Datenschutzverstöße von Arbeitgebern sind häufig Gegenstand der Berichterstattung. Das LAG Berlin-Brandenburg hat sich in einem Beschluss vom 12.11.2012 (Az. 17 TaBV 1318/12) mit einem Datenschutzverstoß eines Betriebsratsvorsitzenden beschäftigt. Der Arbeitgeber hatte zum einen den Ausschluss aus dem Betriebsrat (§ 23 Abs. 1 BetrVG) und zum anderen nach § 103 BetrVG die Ersetzung der Zustimmung zur außerordentlichen Kündigung beantragt. Der Betriebsratsvorsitzende hatte wiederholt unbefugt auf das im Betrieb verwendete Personalinformationssystem, in dem personenbezogene Arbeitnehmerdaten in einer elektronischen Personalakte verwaltet wurden, zugegriffen. Sein Ziel war, Informationen für die Betriebsratstätigkeit zu gewinnen.

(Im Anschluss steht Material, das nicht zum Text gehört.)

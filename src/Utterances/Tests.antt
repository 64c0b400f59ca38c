-- ===== src/Utterances/Tests.antt =====
-- A register at concrete utterances, and the theorems about registers applied to it.
use thalovant_go_sdk.Prelude.{true, false, [], ◌∷◌, ◌≡◌, refl}
use thalovant_go_sdk.Utterances.{ReplyCorrelation, Register, is_active}

abbrev ask_id : ReplyCorrelation
ask_id = record { query = false; id = "r1" }

-- A query with the id of the ask: the two are told apart.
abbrev busy : Register
busy = record { reply_ids = record { query = true; id = "r1" } ∷ []; untracked_sends = 3 ∷ 4 ∷ [] }

ask_free : is_active busy.reply_ids ask_id ≡ false
unfolding is_active
ask_free = refl
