-- ===== src/Wire.antt =====
-- wire.go: binary HiveMind frames, and hive.go: what a binary frame carries.
-- A byte is a number, a byte slice or a string of bytes is a list. Objects are association lists over
-- the parameter `V` of values; encoding/json and compress/zlib are the parameter `Codecs`.
pub mod Frames
pub mod Names
pub mod RoundTrip
mod Tests
use text.Mathlib.Text.{◌==◌ as str_eq}
use Prim.Native.Nat.{bit_and, bit_or}
use Prim.Native.String.{◌++◌ as str_append}
use thalovant_go_sdk.Prelude.{
  ℕ, zero, suc, ◌+◌, ◌*◌, ◌-◌, ◌/◌, ◌%◌, ◌^◌, Bool, true, false, Option, none, some, String, List,
  [], ◌∷◌, ◌++◌, ltb, leb, ◌==◌, if◌then◌else◌, length, take,
}
use thalovant_go_sdk.Noise.{Bytes}
use thalovant_go_sdk.FrameBits.{
  Result, ok, err, ◌>>=◌, WireError, end_of_frame, metadata_too_long, bad_json, bad_stream,
  inflates_past_limit, unsupported_version, BitReader, new_bit_reader, read_bit, read_uint,
  read_bytes, read_remaining_bytes, skip_left_padding,
}

abbrev pub hive_type_to_int : List (String × ℕ)
hive_type_to_int =
    ("shake", 0)
    ∷ ("handshake", 0)
    ∷ ("bus", 1)
    ∷ ("shared_bus", 2)
    ∷ ("broadcast", 3)
    ∷ ("propagate", 4)
    ∷ ("escalate", 5)
    ∷ ("hello", 6)
    ∷ ("query", 7)
    ∷ ("cascade", 8)
    ∷ ("ping", 9)
    ∷ ("rendezvous", 10)
    ∷ ("3rdparty", 11)
    ∷ ("bin", 12)
    ∷ []

abbrev pub hive_int_to_type : List (ℕ × String)
hive_int_to_type =
    (0, "shake")
    ∷ (1, "bus")
    ∷ (2, "shared_bus")
    ∷ (3, "broadcast")
    ∷ (4, "propagate")
    ∷ (5, "escalate")
    ∷ (6, "hello")
    ∷ (7, "query")
    ∷ (8, "cascade")
    ∷ (9, "ping")
    ∷ (10, "rendezvous")
    ∷ (11, "3rdparty")
    ∷ (12, "bin")
    ∷ []

abbrev pub binary_payload_kinds : List (ℕ × String)
binary_payload_kinds =
    (1, "raw_audio")
    ∷ (2, "numpy_image")
    ∷ (3, "file")
    ∷ (4, "stt_transcribe")
    ∷ (5, "stt_handle")
    ∷ (6, "tts_audio")
    ∷ []

unfoldable pub entry {ℓ} : {A : Type ℓ} → List (String × A) → String → Option A
entry [] key = none
entry ((k, a) ∷ m) key = if str_eq k key then some a else entry m key

unfoldable pub name_of : List (ℕ × String) → ℕ → Option String
name_of [] number = none
name_of ((k, s) ∷ m) number = if k == number then some s else name_of m number

-- The type's number on the wire; one without a number is "3rdparty".
unfoldable pub type_number : String → ℕ
type_number msg_type = elim (entry hive_type_to_int msg_type) [ none ↦ 11 | some n ↦ n ]

unfoldable pub type_name : ℕ → String
type_name number = elim (name_of hive_int_to_type number) [ none ↦ "3rdparty" | some s ↦ s ]

-- The first byte of a frame.
unfoldable pub frame_head : ℕ → ℕ
frame_head type_id = bit_or 0x80 (bit_and type_id 0x1f * 2 % 2 ^ 8)

abbrev pub max_inflated_wire : ℕ
max_inflated_wire = 32 * 2 ^ 20

module _ (V : Type 0) where
  abbrev pub Object : Type 0
  Object = List (String × V)

  -- encoding/json and compress/zlib. `unmarshal` reads an object, or `null`, which is no map. `inflate`
  -- fails on a bad header; else it has what the stream inflates to and whether it ends as it should.
  -- `itoa` is strconv.Itoa, `text_of` the string that a value is.
  pub record Codecs : Type 0 where
    pub marshal : Object → Option Bytes
    pub unmarshal : Bytes → Option (Option Object)
    pub inflate : Bytes → Option (Bytes × Bool)
    pub itoa : ℕ → String
    pub text_of : V → Option String

  -- ThalovantBinary; a nil map is `none`.
  pub record ThalovantBinary : Type 0 where
    pub kind : String
    pub data_bytes : Bytes
    pub metadata : Option Object
    pub utterance : String
    pub lang : String
    pub file_name : String

  pub record HiveMessage : Type 0 where
    pub msg_type : String
    pub payload : Option Object
    pub binary : Option ThalovantBinary
    pub metadata : Option Object
    pub route : List V
    pub node : Option V
    pub target_site_id : Option V
    pub target_pub_key : Option V
    pub source_peer : Option V

abbrev pub non_nil_map : {V : Type 0} → Option (Object V) → Object V
non_nil_map none = []
non_nil_map (some m) = m

module _ {V : Type 0} (c : Codecs V) where
  unfoldable pub text_at : Option (Object V) → String → String
  text_at none key = ""
  text_at (some m) key = elim (entry m key) [
    | none ↦ ""
    | some v ↦ elim (c.text_of v) [ none ↦ "" | some s ↦ s ]
  ]

  unfoldable pub binary_kind_name : ℕ → String
  binary_kind_name number = elim (name_of binary_payload_kinds number) [
    | none ↦ str_append "binary:" (c.itoa number)
    | some s ↦ s
  ]

  unfoldable pub binary_frame : String → Bytes → Option (Object V) → ThalovantBinary V
  binary_frame kind bytes metadata = record {
    kind = kind;
    data_bytes = bytes;
    metadata = metadata;
    utterance = text_at metadata "utterance";
    lang = text_at metadata "lang";
    file_name = text_at metadata "file_name";
  }

  unfoldable pub marshalled : Object V → Result Bytes
  marshalled m = elim (c.marshal m) [ none ↦ err bad_json | some bytes ↦ ok bytes ]

  unfoldable pub unmarshalled : Bytes → Result (Option (Object V))
  unmarshalled bytes = elim (c.unmarshal bytes) [ none ↦ err bad_json | some m ↦ ok m ]

  -- The rest of EncodeHiveBinaryFrame, once the metadata is known.
  unfoldable pub encode_payload : ℕ → Bytes → HiveMessage V → Result Bytes
  encode_payload type_id metadata message = do
    payload ← marshalled (non_nil_map message.payload)
    ok (frame_head type_id ∷ length metadata % 2 ^ 8 ∷ metadata ++ payload)

  unfoldable pub encode_hive_binary_frame : HiveMessage V → Result Bytes
  encode_hive_binary_frame message = do
    let type_id = type_number message.msg_type
    metadata ← marshalled (non_nil_map message.metadata)
    let rest = encode_payload type_id metadata message
    if ltb 255 (length metadata) then err metadata_too_long else rest

  -- What io.ReadAll reads through the limit: an end past the limit is not seen.
  unfoldable pub read_limited : Bytes × Bool → Result Bytes
  read_limited (decoded, whole) =
      if ltb (length decoded) (suc max_inflated_wire)
      then (if whole then ok decoded else err bad_stream)
      else ok (take (suc max_inflated_wire) decoded)

  unfoldable pub decode_wire_text : Bytes → Bool → Result Bytes
  decode_wire_text payload false = ok payload
  decode_wire_text payload true = elim (c.inflate payload) [
    | none ↦ err bad_stream
    | some stream ↦ read_limited stream >>= λ decoded.
        if ltb max_inflated_wire (length decoded) then err inflates_past_limit else ok decoded
  ]

  unfoldable pub read_version : BitReader → Result BitReader
  read_version r = do
    (versioned, r) ← read_bit r
    let checked = (do
      (version, r) ← read_uint 8 r
      if ltb 1 version then err (unsupported_version version) else ok r)
    if versioned == 1 then checked else ok r

  -- The end of DecodeHiveBinaryFrame for a BINARY frame, and for the others.
  unfoldable pub decode_clip : String → Option (Object V) → BitReader → Result (HiveMessage V)
  decode_clip msg_type metadata r = do
    (kind, r) ← read_uint 4 r
    (clip, r) ← read_remaining_bytes r
    ok (record {
      msg_type = msg_type;
      payload = some [];
      binary = some (binary_frame (binary_kind_name kind) clip metadata);
      metadata = metadata;
      route = [];
      node = none;
      target_site_id = none;
      target_pub_key = none;
      source_peer = none;
    })

  unfoldable pub decode_payload :
      String → Bool → Option (Object V) → BitReader → Result (HiveMessage V)
  decode_payload msg_type compressed metadata r = do
    (bytes, r) ← read_remaining_bytes r
    text ← decode_wire_text bytes compressed
    payload ← unmarshalled text
    ok (record {
      msg_type = msg_type;
      payload = payload;
      binary = none;
      metadata = metadata;
      route = [];
      node = none;
      target_site_id = none;
      target_pub_key = none;
      source_peer = none;
    })

  unfoldable pub decode_body :
      String → Bool → Option (Object V) → BitReader → Result (HiveMessage V)
  decode_body msg_type compressed metadata r =
      if str_eq msg_type "bin"
      then decode_clip msg_type metadata r
      else decode_payload msg_type compressed metadata r

  unfoldable pub decode_hive_binary_frame : Bytes → Result (HiveMessage V)
  decode_hive_binary_frame payload = do
    r ← skip_left_padding (new_bit_reader payload)
    r ← read_version r
    (type_id, r) ← read_uint 5 r
    (compressed, r) ← read_bit r
    (meta_len, r) ← read_uint 8 r
    (meta_bytes, r) ← read_bytes meta_len r
    meta_text ← decode_wire_text meta_bytes (compressed == 1)
    metadata ← unmarshalled meta_text
    decode_body (type_name type_id) (compressed == 1) metadata r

Das LAG Berlin-Brandenburg stellt argumentativ in den Vordergrund, dass der Betriebsrat verpflichtet sei, über die Einhaltung des BDSG zu wachen und Persönlichkeitsrechte der Arbeitnehmer zu schützen. Dem sei das Betriebsratsmitglied nicht nachgekommen, im Gegenteil. Der im unberechtigten Zugriff auf die Personaldaten liegende Verstoß verletzte nicht nur das BDSG, sondern auch das Arbeitnehmerpersönlichkeitsrecht der Beschäftigten. Das Handeln des Betriebsratsvorsitzenden stelle deshalb eine grobe Verletzung der betriebsverfassungsrechtlichen Pflichten i.S.d. § 23 Abs. 1 Satz 1 BDSG dar.

Den weiteren Antrag des Arbeitgebers auf Zustimmung zur außerordentlichen Kündigung nach § 103 BetrVG hat das LAG zurückgewiesen. Die Zugriffe seien aufgrund und zum Zwecke der Betriebsratstätigkeit erfolgt. Dass der Betriebsratsvorsitzende damit auch gegen seine arbeitsvertraglichen Verpflichtungen verstoßen habe, rechtfertige unter Abwägung der Umstände des Einzelfalles nicht die sofortige Auflösung des Arbeitsverhältnisses. Das LAG hat die Rechtsbeschwerde an das BAG nicht zugelassen.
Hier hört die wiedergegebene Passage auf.